Under the FCA’s CP26/5 proposals, mandatory UK SRS S2 climate reporting would apply to listed companies in UK Listing Rules categories 6, 16 and 22 — around 500 primary-listed companies — for accounting periods beginning on or after 1 January 2027, subject to the FCA Policy Statement expected in autumn 2026. Any company can also adopt UK SRS voluntarily, since the standards have been available for voluntary use since 25 February 2026.

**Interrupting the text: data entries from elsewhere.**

-- ===== src/Relay/Logs/Ledger.antt =====
-- The accounts of one log session: what was offered, accepted, received and reported as lost.
use veyport.Base.{
  ℕ, ◌+◌, ◌^◌, ◌≤◌, ◌<◌, ◌≡◌, refl, ltb, Option, none, some, List, [], ◌∷◌, ◌++◌, arith,
  if◌then◌else◌, length, length-append, find, find-passes, find-update_where, update_where, inl,
  inr, Bool-cases, ap, ◌∙◌, sym,
}
use veyport.Base.Text.{Text}
use veyport.Relay.Keys.{eq_text, eq_text_iff, make_key}
use veyport.Relay.Logs.{
  LogSession, LogSessions, for_key, register, enqueue, lose, deliver, reset, drain_overflow, tail,
  drop_first, first, receive,
}

pub data Event : Type 0 where
  chunk : Text → Event
  drain take : Event

pub record Trace : Type 0 where
  pub sessions : LogSessions
  pub offered : ℕ
  pub accepted : List Text
  pub got : List Text
  pub reported : ℕ

abbrev pub taken : Option Text → List Text
taken none = []
taken (some c) = c ∷ []

unfoldable pub step : Text → Text → Event → Trace → Trace
step s r (chunk c) t =
    let (ok, ls) = deliver s r c t.sessions in
    record t {
      sessions = ls;
      offered = t.offered + 1;
      accepted = if ok then t.accepted ++ c ∷ [] else t.accepted;
    }
step s r drain t =
    let (n, ls) = drain_overflow s r t.sessions in
    record t { sessions = ls; reported = t.reported + n }
step s r take t =
    let (o, ls) = receive s r t.sessions in record t { sessions = ls; got = t.got ++ taken o }

unfoldable pub run : Text → Text → List Event → Trace → Trace
run s r [] t = t
run s r (ev ∷ evs) t = run s r evs (step s r ev t)

unfoldable pub start : Text → Text → LogSessions → Trace
start s r ls = record {
  sessions = register s r ls;
  offered = 0;
  accepted = [];
  got = [];
  reported = 0;
}

pub record Accounted (k : Text) (t : Trace) : Type 0 where
  pub session : LogSession
  pub found : find (for_key k) t.sessions ≡ some session
  pub bounded : length session.channel ≤ 64
  pub in_order : t.got ++ session.channel ≡ t.accepted
  pub counted : t.offered ≡ length t.accepted + session.overflow + t.reported

find-updated :
    (k : Text) (f : LogSession → LogSession) (ls : LogSessions) (e : LogSession)
    → ((x : LogSession) → (f x).key ≡ x.key)
    → find (for_key k) ls ≡ some e
    → find (for_key k) (update_where (for_key k) f ls) ≡ some (f e)
find-updated k f ls e keep h =
    find-update_where (for_key k) (for_key k) f ls (some e) (λ x. ap (λ j. eq_text j k) (keep x)) h
    ∙ rw (find-passes (for_key k) ls e h) refl

append_assoc : (xs ys zs : List Text) → (xs ++ ys) ++ zs ≡ xs ++ (ys ++ zs)
append_assoc [] ys zs = refl
append_assoc (x ∷ xs) ys zs = ap (◌∷◌ x) (append_assoc xs ys zs)

append-nil : (xs : List Text) → xs ++ [] ≡ xs
append-nil [] = refl
append-nil (x ∷ xs) = ap (◌∷◌ x) (append-nil xs)

chunk-Accounted :
    (s r c : Text) (t : Trace)
    → t.offered + 1 < 2 ^ 64
    → Accounted (make_key s r) t
    → Accounted (make_key s r) (step s r (chunk c) t)
unfolding step deliver
chunk-Accounted s r c t small b =
    let k = make_key s r in
    let e = b.session in
    elim (Bool-cases (ltb (length e.channel) 64)) [
      | inl room ↦
          rw (b.found, room)
            (record {
              session = enqueue c e;
              found = find-updated k (enqueue c) t.sessions e (λ x. refl) b.found;
              bounded = ground (arith, length-append e.channel (c ∷ []));
              in_order =
                  sym (append_assoc t.got e.channel (c ∷ [])) ∙ ap (λ l. l ++ c ∷ []) b.in_order;
              counted = omega (arith, b.counted, length-append t.accepted (c ∷ []));
            })
      | inr full ↦
          rw (b.found, full)
            (record {
              session = lose e;
              found = find-updated k lose t.sessions e (λ x. refl) b.found;
              bounded = b.bounded;
              in_order = b.in_order;
              counted = omega (arith, b.counted, small);
            })
    ]

drain-Accounted :
    (s r : Text) (t : Trace)
    → Accounted (make_key s r) t
    → Accounted (make_key s r) (step s r drain t)
unfolding step drain_overflow
drain-Accounted s r t b =
    let k = make_key s r in
    let e = b.session in
    elim (Bool-cases (ltb 0 e.overflow)) [
      | inr none_lost ↦
          rw (b.found, none_lost)
            (record {
              session = e;
              found = b.found;
              bounded = b.bounded;
              in_order = b.in_order;
              counted = ground (arith, b.counted);
            })
      | inl some_lost ↦
          rw (b.found, some_lost)
            (record {
              session = reset e;
              found = find-updated k reset t.sessions e (λ x. refl) b.found;
              bounded = b.bounded;
              in_order = b.in_order;
              counted = omega (arith, b.counted);
            })
    ]

taken-first :
    (got channel : List Text)
    → (got ++ taken (first channel)) ++ drop_first channel ≡ got ++ channel
unfolding first
taken-first got [] = append-nil (got ++ [])
taken-first got (c ∷ cs) = append_assoc got (c ∷ []) cs

length-drop_first : (channel : List Text) → length (drop_first channel) ≤ length channel
length-drop_first [] = omega arith
length-drop_first (c ∷ cs) = omega arith

take-Accounted :
    (s r : Text) (t : Trace)
    → Accounted (make_key s r) t
    → Accounted (make_key s r) (step s r take t)
unfolding step receive
take-Accounted s r t b =
    let e = b.session in
    rw b.found (record {
      session = tail e;
      found = find-updated (make_key s r) tail t.sessions e (λ x. refl) b.found;
      bounded = omega (arith, b.bounded, length-drop_first e.channel);
      in_order = taken-first t.got e.channel ∙ b.in_order;
      counted = b.counted;
    })

start-Accounted : (s r : Text) (ls : LogSessions) → Accounted (make_key s r) (start s r ls)
unfolding start register find
start-Accounted s r ls = record {
  session = record { key = make_key s r; channel = []; overflow = 0 };
  found = ground (arith, eq_text_iff (make_key s r) (make_key s r));
  bounded = omega arith;
  in_order = refl;
  counted = omega arith;
}

offered-step : (s r : Text) (ev : Event) (t : Trace) → (step s r ev t).offered ≤ t.offered + 1
unfolding step
offered-step s r (chunk c) t = omega arith
offered-step s r drain t = omega arith
offered-step s r take t = omega arith

step-Accounted :
    (s r : Text) (ev : Event) (t : Trace)
    → t.offered + 1 < 2 ^ 64
    → Accounted (make_key s r) t
    → Accounted (make_key s r) (step s r ev t)
step-Accounted s r (chunk c) t small b = chunk-Accounted s r c t small b
step-Accounted s r drain t small b = drain-Accounted s r t b
step-Accounted s r take t small b = take-Accounted s r t b

run_kept :
    (s r : Text) (evs : List Event) (t : Trace)
    → t.offered + length evs < 2 ^ 64
    → Accounted (make_key s r) t
    → Accounted (make_key s r) (run s r evs t)
unfolding run
run_kept s r [] t small b = b
run_kept s r (ev ∷ evs) t small b =
    run_kept s r evs (step s r ev t) (omega (arith, small, offered-step s r ev t))
      (step-Accounted s r ev t (omega (arith, small)) b)

-- No chunk of a log is lost in silence: from the registration of a session on, through any sequence
-- of deliveries, drains and reads of it (fewer than 2^64), what was received and what the channel
-- holds are the accepted chunks in their order, the channel holds at most 64, and the deliveries are
-- exactly the accepted chunks, the losses reported by drains, and the loss count still to be drained.
pub run-Accounted :
    (s r : Text) (evs : List Event) (ls : LogSessions)
    → length evs < 2 ^ 64
    → Accounted (make_key s r) (run s r evs (start s r ls))
unfolding start
run-Accounted s r evs ls small =
    run_kept s r evs (start s r ls) (omega (arith, small)) (start-Accounted s r ls)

How much time is there to prepare?
The proposed first mandatory reporting period begins on or after 1 January 2027 for UK SRS S2 climate disclosures. Scope 3 emissions move to a comply-or-explain basis from 1 January 2028 after a one-year transitional relief, and UK SRS S1 non-climate disclosures follow on comply-or-explain from 1 January 2029. These dates remain FCA proposals until the autumn 2026 Policy Statement is published.
What is the hardest capability to build?
In practice, the value-chain data needed for Scope 3 emissions is usually the steepest climb, because it depends on suppliers and customers rather than a company’s own meters and invoices. UK SRS S2 follows the GHG Protocol, which sets out fifteen Scope 3 categories. The one-year transitional relief on Scope 3 exists precisely because this data is harder to assemble than Scope 1 and 2.
Does UK SRS require assurance?
The FCA does not propose to mandate assurance in CP26/5. However, the Financial Reporting Council has published the voluntary UK sustainability assurance standard, ISSA (UK) 5000, which was finalised on 12 November 2025 and is effective from 15 December 2026. Building data that could withstand external assurance is a sensible readiness goal even where assurance is not yet required.
Where should a company start?
Start with governance and materiality. UK SRS S2 keeps the four-pillar TCFD structure — governance, strategy, risk management, and metrics and targets — so clear board oversight and a defensible enterprise-value materiality assessment underpin everything else. From there, map data systems for Scope 1, 2 and 3 emissions, set up climate scenario analysis, and design controls that an assurer could later test.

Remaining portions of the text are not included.